● What is needed
Only the lines with the string "made" are needed; return each of them from the entries below.

● Given data
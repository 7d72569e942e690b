-- ===== src/Server/Push/Acked.antt =====
-- What lies behind the acknowledgement of a push delivery.
use open_functions.Prelude.{
  ℕ, ◌*◌, Bytes, codes, true, none, some, lookup, list_Eq, ℕ_Eq, Result, ok, err, ◌≡◌, refl, inl,
  inr, Option-cases, Result-cases, Bool-cases, arith, ap, subst, if_cases,
}
use open_functions.Model.{Function, Trigger}
use open_functions.Pool.{SocketAddr, Pool, AcquiredInstance, AcquireError}
use open_functions.Pool.Acquire.{acquire}
use open_functions.Registry.{Outside, Entry}
use open_functions.Store.{get_function}
use open_functions.Forward.{RequestRewriteContext, ForwardFailure, map_outcome}
use open_functions.Forward.Proxy.{Http, Request, Response, Client, forward}
use open_functions.PubSub.Convert.{Json, Formats, PushEnvelope, parse_push_envelope, to_cloud_event}
use open_functions.Server.{
  Circumstances, Reply, passed, status_only, error_reply, Host, is_ready, call, acquire_from_pool,
  Acquiring, api_bad_request, not_ready_yet, no_pubsub_trigger,
}
use open_functions.Server.Push.{
  Deliveries, is_success, build_binary_mode_request, Delivered, invalid, put_off, refuse_push,
  answer_push, call_push, push_acquired, push_pool, push_to, deliver, handle_push,
}

abbrev pub reply_status : {w : Http} → Reply w → ℕ
reply_status (passed resp) = resp.status
reply_status (status_only status) = status
reply_status (error_reply status headers body) = status

module _ (o : Outside) (w : Http) (client : Client w) (j : Json) (f : Formats j)
    (d : Deliveries w j f) (c : Circumstances) where
  -- An instance answered `sent` with a success.
  pub record Answered (sent : Request w) (s : client.State) : Type 0 where
    pub addr : SocketAddr
    pub ctx : RequestRewriteContext
    pub limit : ℕ
    pub after : client.State
    pub response : Response w
    pub forwarded : forward w client addr sent ctx limit s ≡ (after, ok response)
    pub succeeded : is_success response.status ≡ true

  -- The delivery is well-formed, the function is stored with a topic, and an instance answered the
  -- request that the delivery's event makes with a success.
  pub record Processed (project name : Bytes) (req : Request w) (h : Host o w client) : Type 0 where
    pub raw : Bytes
    pub envelope : PushEnvelope
    pub function : Function
    pub topic : Bytes
    pub sent : Request w
    pub read : d.to_bytes req.body ≡ some raw
    pub parsed : parse_push_envelope j f c.received_at raw ≡ ok envelope
    pub stored : get_function name h.world.store ≡ ok (some function)
    pub triggered : function.trigger ≡ Trigger.pubsub topic
    pub made :
        build_binary_mode_request w j f d
          (to_cloud_event j f c.received envelope (record { project = project; topic = topic }))
        ≡ some sent
    pub answered : Answered sent h.client

  -- `A` lies behind a success.
  abbrev pub SuccessNeeds : Type 0 → Delivered o w client j f d c → Type 0
  SuccessNeeds A none = Unit {0}
  SuccessNeeds A (some (h, reply)) = is_success (reply_status reply) ≡ true → A

  weakened :
      {A B : Type 0} (x : Delivered o w client j f d c)
      → (A → B)
      → SuccessNeeds A x
      → SuccessNeeds B x
  weakened none g n = tt
  weakened (some (h, reply)) g n = λ s. g (n s)

  refuse_push-SuccessNeeds :
      (A : Type 0) (name : Bytes) (fn : Function) (e : AcquireError) (h : Host o w client)
      → SuccessNeeds A (refuse_push o w client j f d c name fn e h)
  unfolding refuse_push put_off
  refuse_push-SuccessNeeds A name fn (AcquireError.spawn e) h = λ s. absurd (ground arith)
  refuse_push-SuccessNeeds A name fn (AcquireError.queue_timeout n) h = λ s. absurd (ground arith)
  refuse_push-SuccessNeeds A name fn AcquireError.rejected h = λ s. absurd (ground arith)
  refuse_push-SuccessNeeds A name fn AcquireError.draining h = λ s. absurd (ground arith)

  answer_push-success :
      (name : Bytes) (fn : Function) (h : Host o w client) (r : Result ForwardFailure (Response w))
      → is_success (reply_status (answer_push o w client j f d c name fn (h, r)).1) ≡ true
      → (resp : Response w) × (r ≡ ok resp) × (is_success resp.status ≡ true)
  unfolding answer_push map_outcome
  answer_push-success name fn h (ok resp) s = elim (Bool-cases (is_success resp.status)) [
    | inl t ↦ (resp, refl, t)
    | inr t ↦ absurd (ground arith)
  ]
  answer_push-success name fn h (err ForwardFailure.timeout) s = absurd (ground arith)
  answer_push-success name fn h (err ForwardFailure.connection_refused) s = absurd (ground arith)
  answer_push-success name fn h (err ForwardFailure.connection_reset) s = absurd (ground arith)
  answer_push-success name fn h (err ForwardFailure.queue_rejected) s = absurd (ground arith)

  call_push-Answered :
      (name : Bytes) (fn : Function) (sent : Request w) (entry : Entry) (p : Pool)
      (a : AcquiredInstance) (h h' : Host o w client) (resp : Response w)
      → call_push o w client j f d c name fn sent entry p a h ≡ (h', ok resp)
      → is_success resp.status ≡ true
      → Answered sent h.client
  unfolding call_push call
  call_push-Answered name fn sent entry p a h h' resp e t =
      let ctx : RequestRewriteContext = record {
        execution_id = (o.new_uuid h.world.outer).1;
        client_addr = codes "127.0.0.1";
        proto = codes "http";
        original_host = none;
      } in
      let out = forward w client a.addr sent ctx (fn.timeout_secs * 1000) h.client in
      let r : out.1 ≡ ok resp =
        ap (λ (x : Host o w client × Result ForwardFailure (Response w)). x.1) e in
      record {
        addr = a.addr;
        ctx = ctx;
        limit = fn.timeout_secs * 1000;
        after = out.0;
        response = resp;
        forwarded = ap {A = Result ForwardFailure (Response w)} (λ x. (out.0, x)) r;
        succeeded = t;
      }

  push_acquired-SuccessNeeds :
      (name : Bytes) (fn : Function) (event : f.Event) (entry : Entry) (p : Pool)
      (a : AcquiredInstance) (h : Host o w client)
      → SuccessNeeds
          ((sent : Request w) × (build_binary_mode_request w j f d event ≡ some sent)
            × Answered sent h.client)
          (push_acquired o w client j f d c name fn event entry p a h)
  unfolding push_acquired put_off
  push_acquired-SuccessNeeds name fn event entry p a h =
      elim (Option-cases (build_binary_mode_request w j f d event)) [
        | inl e ↦ rw (e, push_acquired) (λ s. absurd (ground arith))
        | inr (sent, e) ↦
            let x = call_push o w client j f d c name fn sent entry p a h in
            rw (e, push_acquired)
              (λ s.
                let (resp, q, t) = answer_push-success name fn x.0 x.1 s in
                let r : x ≡ (x.0, ok resp) =
                  ap {A = Result ForwardFailure (Response w)} (λ y. (x.0, y)) q in
                (sent, refl, call_push-Answered name fn sent entry p a h x.0 resp r t))
      ]

  abbrev NeedsEvent : f.Event → client.State → Type 0
  NeedsEvent event s =
      (sent : Request w) × (build_binary_mode_request w j f d event ≡ some sent) × Answered sent s

  acquire_from_pool-client :
      (name : Bytes) (entry : Entry) (h h' : Host o w client)
      (x : Pool × Result AcquireError AcquiredInstance)
      → acquire_from_pool o w client c name entry h ≡ some (h', x)
      → h'.client ≡ h.client
  unfolding acquire_from_pool
  acquire_from_pool-client name entry h h' x e =
      let q : Pool = record (entry.pool) { global_free = h.world.global_free } in
      elim (Option-cases (acquire c.surroundings c.fuel c.now q)) [
        | inl n ↦ absurd (ground arith)
        | inr (r, y) ↦ ground arith
      ]

  push_pool-SuccessNeeds :
      (name : Bytes) (fn : Function) (event : f.Event) (h : Host o w client)
      → SuccessNeeds (NeedsEvent event h.client) (push_pool o w client j f d c name fn event h)
  unfolding push_pool put_off
  push_pool-SuccessNeeds name fn event h = elim (Option-cases (lookup name h.world.pools)) [
    | inl e ↦ rw (e, push_pool) (λ s. absurd (ground arith))
    | inr (entry, e) ↦
        rw (e, push_pool) (on_acquired entry (acquire_from_pool o w client c name entry h) refl)
  ]
    where
      on_acquired :
          (entry : Entry) (r : Acquiring o w client)
          → acquire_from_pool o w client c name entry h ≡ r
          → SuccessNeeds (NeedsEvent event h.client) (elim r [
            | none ↦ none
            | some (h', (p, err e)) ↦ refuse_push o w client j f d c name fn e h'
            | some (h', (p, ok a)) ↦ push_acquired o w client j f d c name fn event entry p a h'
          ])
      on_acquired entry none q = tt
      on_acquired entry (some (h', (p, err e))) q =
          refuse_push-SuccessNeeds (NeedsEvent event h.client) name fn e h'
      on_acquired entry (some (h', (p, ok a))) q =
          subst
            (λ s.
              SuccessNeeds (NeedsEvent event s)
                (push_acquired o w client j f d c name fn event entry p a h'))
            (acquire_from_pool-client name entry h h' (p, ok a) q)
            (push_acquired-SuccessNeeds name fn event entry p a h')

  abbrev event_of : (project topic : Bytes) → PushEnvelope → f.Event
  event_of project topic envelope =
      to_cloud_event j f c.received envelope (record { project = project; topic = topic })

  push_to-SuccessNeeds :
      (name project topic : Bytes) (fn : Function) (envelope : PushEnvelope) (h : Host o w client)
      → SuccessNeeds
          (NeedsEvent (event_of project topic envelope) h.client)
          (push_to o w client j f d c name project topic fn envelope h)
  unfolding push_to put_off
  push_to-SuccessNeeds name project topic fn envelope h =
      if_cases (SuccessNeeds (NeedsEvent (event_of project topic envelope) h.client)) (is_ready fn)
        (push_pool o w client j f d c name fn (event_of project topic envelope) h)
        (put_off o w client j f d c name fn (codes "rejected") 503 (not_ready_yet fn) h)
        (push_pool-SuccessNeeds name fn (event_of project topic envelope) h)
        (λ s. absurd (ground arith))

  deliver-SuccessNeeds :
      (A : Type 0) (name project : Bytes) (envelope : PushEnvelope) (h : Host o w client)
      → ((fn : Function) (topic : Bytes)
          → get_function name h.world.store ≡ ok (some fn)
          → fn.trigger ≡ Trigger.pubsub topic
          → NeedsEvent (event_of project topic envelope) h.client
          → A)
      → SuccessNeeds A (deliver o w client j f d c name project envelope h)
  unfolding deliver invalid
  deliver-SuccessNeeds A name project envelope h k =
      elim (Result-cases (get_function name h.world.store)) [
        | inr (x, q) ↦ rw (q, deliver) (λ s. absurd (ground arith))
        | inl (none, q) ↦ rw (q, deliver) (λ s. absurd (ground arith))
        | inl (some fn, q) ↦ rw (q, deliver) (of_trigger fn (fn.trigger) q refl)
      ]
    where
      of_trigger :
          (fn : Function) (t : Trigger)
          → get_function name h.world.store ≡ ok (some fn)
          → fn.trigger ≡ t
          → SuccessNeeds A (elim t [
            | Trigger.http ↦
                invalid o w client j f d c name (api_bad_request (no_pubsub_trigger name)) h
            | Trigger.pubsub topic ↦ push_to o w client j f d c name project topic fn envelope h
          ])
      of_trigger fn Trigger.http q e = λ s. absurd (ground arith)
      of_trigger fn (Trigger.pubsub topic) q e =
          weakened (push_to o w client j f d c name project topic fn envelope h) (k fn topic q e)
            (push_to-SuccessNeeds name project topic fn envelope h)

  handle_push-SuccessNeeds :
      (project name : Bytes) (req : Request w) (h : Host o w client)
      → SuccessNeeds
          (Processed project name req h)
          (handle_push o w client j f d c (some project) name req h)
  unfolding handle_push invalid
  handle_push-SuccessNeeds project name req h = elim (Option-cases (d.to_bytes req.body)) [
    | inl n ↦ rw (n, handle_push) (λ s. absurd (ground arith))
    | inr (raw, read) ↦ elim (Result-cases (parse_push_envelope j f c.received_at raw)) [
      | inr (x, q) ↦ rw (read, q, handle_push) (λ s. absurd (ground arith))
      | inl (envelope, parsed) ↦
          rw (read, parsed, handle_push)
            (deliver-SuccessNeeds (Processed project name req h) name project envelope h
              (λ fn topic stored triggered (sent, made, answered). record {
                raw = raw;
                envelope = envelope;
                function = fn;
                topic = topic;
                sent = sent;
                read = read;
                parsed = parsed;
                stored = stored;
                triggered = triggered;
                made = made;
                answered = answered;
              }))
    ]
  ]

  -- A push delivery of a function is acknowledged only if its body is a well-formed delivery, the
  -- function is stored with a topic as its trigger, and an instance answered the request that the
  -- delivery's event makes with a success.
  pub handle_push-Processed :
      (project name : Bytes) (req : Request w) (h h' : Host o w client) (reply : Reply w)
      → handle_push o w client j f d c (some project) name req h ≡ some (h', reply)
      → is_success (reply_status reply) ≡ true
      → Processed project name req h
  handle_push-Processed project name req h h' reply e =
      subst (SuccessNeeds (Processed project name req h)) e
        (handle_push-SuccessNeeds project name req h)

● Result of this task
    pub made :
              (λ fn topic stored triggered (sent, made, answered). record {
                made = made;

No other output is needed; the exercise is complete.